Imagine having a child who is so uncontrollably disruptive that going out to eat at restaurants is never an option. With no friends at school, he is just as frustrated as anyone else about his inability to focus. “ADHD [attention deficit hyperactivity disorder] really is a debilitating condition,” says Dr. Amy Arnsten, professor of Neurobiology and Psychology at Yale School of Medicine, “And not just for the children, but for the whole family.” Arnsten’s laboratory recently developed a drug, guanfacine, which provides a new option for the treatment of ADHD.
Like many other mental illnesses, ADHD was not taken seriously by the public for many years. Recent scientific studies, however, have underscored the biological basis of ADHD. ADHD is highly heritable and associated with weakness in the prefrontal cortex (PFC) (figure 1), the most evolved region in the brain. The PFC, located at the forefront of the brain, regulates our attention and actions and is key for judgment and high-order decision-making. For most people, language is governed on the left side of the PFC, while inhibition of inappropriate behaviors is controlled on the right. Children who lack focus or self-control, common symptoms of ADHD, have been found to have deficiencies in their PFC, particularly in the right hemisphere.
The PFC relies on a delicate yet well-balanced system of neurotransmitters to function properly, most notably norepinephrine (NE) and dopamine (DA). The right amount of NE will properly stimulate postsynaptic alpha-2A receptors (figure 2) to inhibit cAMP (cyclic adenosine monophosphate) in PFC dendritic spines, protrusions where neurons communicate. When there is inadequate NE stimulation of alpha-2A receptors, cAMP opens ion channels that weaken neuronal inputs. With sufficient NE, the cAMP pathways are inhibited and the neuronal networks connect more effectively (figure 3)
Arnsten’s laboratory found that guanfacine, which mimics NE at alpha-2A receptors, strengthens PFC regulation of behavior and attention. These basic studies have led to an extended release formulation of guanfacine (figure 4), called Intuniv that has recently been approved by the Food and Drug Administration to treat ADHD. Intuniv helps patients to control their distractibility and impulsivity. “Ours is one of the few examples of a drug coming out of a laboratory in academia,” explains Arnsten, “It took twenty years, but considering ninety-five to ninety-nine percent of compounds produced in drug companies never make it out, it really means a lot for ours to be out there helping people.” Since guanfacine had been used for years to reduce high blood pressure, it was known safe for human use. Hypotension and sedation are its main side effects, but it is not prone to abuse since its effects do not cause addiction.

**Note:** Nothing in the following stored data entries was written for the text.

-- ===== src/Examples.antt =====
-- The theorems at concrete inputs, over a concrete platform that meets the hypotheses.
pub mod Pairing
pub mod Ideal
pub mod Session
pub mod Family
pub mod Steps
pub mod Witnesses
pub mod FamilyWitnesses
pub mod BasicWitnesses
pub mod Store
pub mod Readers
pub mod Rebuilding
pub mod Checkpoints
pub mod Backends
pub mod Votes
pub mod Submitting
pub mod Memos
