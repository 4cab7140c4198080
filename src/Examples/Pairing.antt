-- ===== src/Examples/Pairing.antt =====
-- Lists of numbers as numbers, one to one: the stand-in for a hash that does not collide.
use mina_guard.Base.{
  ℕ, zero, suc, ◌+◌, ◌*◌, ◌/◌, ◌≤◌, ◌<◌, ◌≡◌, ◌≢◌, ◌⊎◌, inl, inr, refl, sym, ◌∙◌, ap, true, false,
  List, [], ◌∷◌, ◌==◌, arith,
}

-- 256 ^ c
abbrev power : ℕ → ℕ
power zero = 1
power (suc c) = 256 * power c

-- The number of base-256 digits of `n`, on fuel.
unfoldable pub digits_on : ℕ → ℕ → ℕ
digits_on zero n = 0
digits_on (suc fuel) n = elim (n == 0) [ true ↦ 0 | false ↦ suc (digits_on fuel (n / 256)) ]

unfoldable pub digit_count : ℕ → ℕ
unfolding digits_on
digit_count n = digits_on n n

digits_on_bound : (fuel n : ℕ) → n ≤ fuel → n < power (digits_on fuel n)
unfolding digits_on
digits_on_bound zero n h = omega arith
digits_on_bound (suc fuel) n h = ground (arith, digits_on_bound fuel (n / 256))

digit_count_bound : (n : ℕ) → n < power (digit_count n)
unfolding digit_count
digit_count_bound n = digits_on_bound n n (omega arith)

-- `a` and `b` in one number, with the width of `a` written as trailing zero digits.
unfoldable pub packed : ℕ → ℕ → ℕ → ℕ
packed c a b = (256 * (b * power c + a) + 1) * power c

unfoldable pub pair : ℕ → ℕ → ℕ
unfolding packed digit_count
pair a b = packed (digit_count a) a b

power_pos : (c : ℕ) → 0 < power c
power_pos zero = omega arith
power_pos (suc c) = omega (arith, power_pos c)

trailing : (c d x y : ℕ) → (256 * x + 1) * power c ≡ (256 * y + 1) * power d → (c ≡ d) × (x ≡ y)
trailing zero zero x y e = (refl, omega arith)
trailing zero (suc d) x y e = absurd (omega arith)
trailing (suc c) zero x y e = absurd (omega arith)
trailing (suc c) (suc d) x y e =
    let (same, rest) = trailing c d x y (omega arith) in (ap suc same, rest)

row-lt : (k b b' : ℕ) → b < b' → b * k + k ≤ b' * k
row-lt k b zero h = absurd (omega arith)
row-lt k zero (suc b') h = omega arith
row-lt k (suc b) (suc b') h = omega (arith, row-lt k b b' (omega arith))

split_digits : (k a b a' b' : ℕ) → a < k → a' < k → b * k + a ≡ b' * k + a' → (a ≡ a') × (b ≡ b')
split_digits k a b a' b' h h' e = elim (compare_lem b b') [
  | inl less ↦ absurd (omega (arith, row-lt k b b' less))
  | inr (inl same) ↦ (omega (arith, ap (λ (c : ℕ). c * k) same), same)
  | inr (inr more) ↦ absurd (omega (arith, row-lt k b' b more))
]
  where
    compare_lem : (m n : ℕ) → (m < n) ⊎ ((m ≡ n) ⊎ (n < m))
    compare_lem m n = ground arith

-- Two packed pairs with their widths as variables.
unpack :
    (c d a b a' b' : ℕ)
    → a < power c
    → a' < power d
    → (256 * (b * power c + a) + 1) * power c ≡ (256 * (b' * power d + a') + 1) * power d
    → (a ≡ a') × (b ≡ b')
unpack c d a b a' b' h h' e =
    let (widths, rest) = trailing c d (b * power c + a) (b' * power d + a') e in
    let same_power = ap power widths in
    split_digits (power c) a b a' b' h (omega arith)
      (rest ∙ ap (λ (k : ℕ). b' * k + a') (sym same_power))

pub pair-injective : (a b a' b' : ℕ) → pair a b ≡ pair a' b' → (a ≡ a') × (b ≡ b')
unfolding pair packed
pair-injective a b a' b' e =
    unpack (digit_count a) (digit_count a') a b a' b' (digit_count_bound a) (digit_count_bound a') e

pub pair-nonzero : (a b : ℕ) → pair a b ≢ 0
unfolding pair packed
pair-nonzero a b e = absurd (grind (arith, power_pos (digit_count a)))

unfoldable pub encode : List ℕ → ℕ
unfolding pair
encode [] = 0
encode (x ∷ xs) = pair x (encode xs)

pub encode-injective : (xs ys : List ℕ) → encode xs ≡ encode ys → xs ≡ ys
unfolding encode
encode-injective [] [] e = refl
encode-injective [] (y ∷ ys) e = absurd (pair-nonzero y (encode ys) (sym e))
encode-injective (x ∷ xs) [] e = absurd (pair-nonzero x (encode xs) e)
encode-injective (x ∷ xs) (y ∷ ys) e =
    let (heads, tails) = pair-injective x (encode xs) y (encode ys) e in
    cc (heads, encode-injective xs ys tails)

Treatment for ADHD, which was traditionally limited to methylphenidate, commercially known as Ritalin, now offers more options. “ADHD was largely ignored in the past,” explains Arnsten, “[not only] because people didn’t understand it, but also because life was simpler back then. Having ADHD was sometimes even an advantage, allowing people to make necessary impulsive decisions.” But in the Information Age, ADHD is a greater liability for those diagnosed with the disorder. “We need our PFC more to succeed in our culture as never before.”
Arnsten is inspired knowing that children out there are benefiting from her work; she frequently reads parents’ blogs late at night. “One mother says her young son, now on Intuniv, smiled for the first time in two years,” says Arnsten.
The Arnsten Lab is now looking into better treatments for schizophrenia, bipolar disorder, and post-traumatic stress disorder. The lab hopes to understand how genetic insults weaken PFC circuits and develop treatments to restore normal functioning.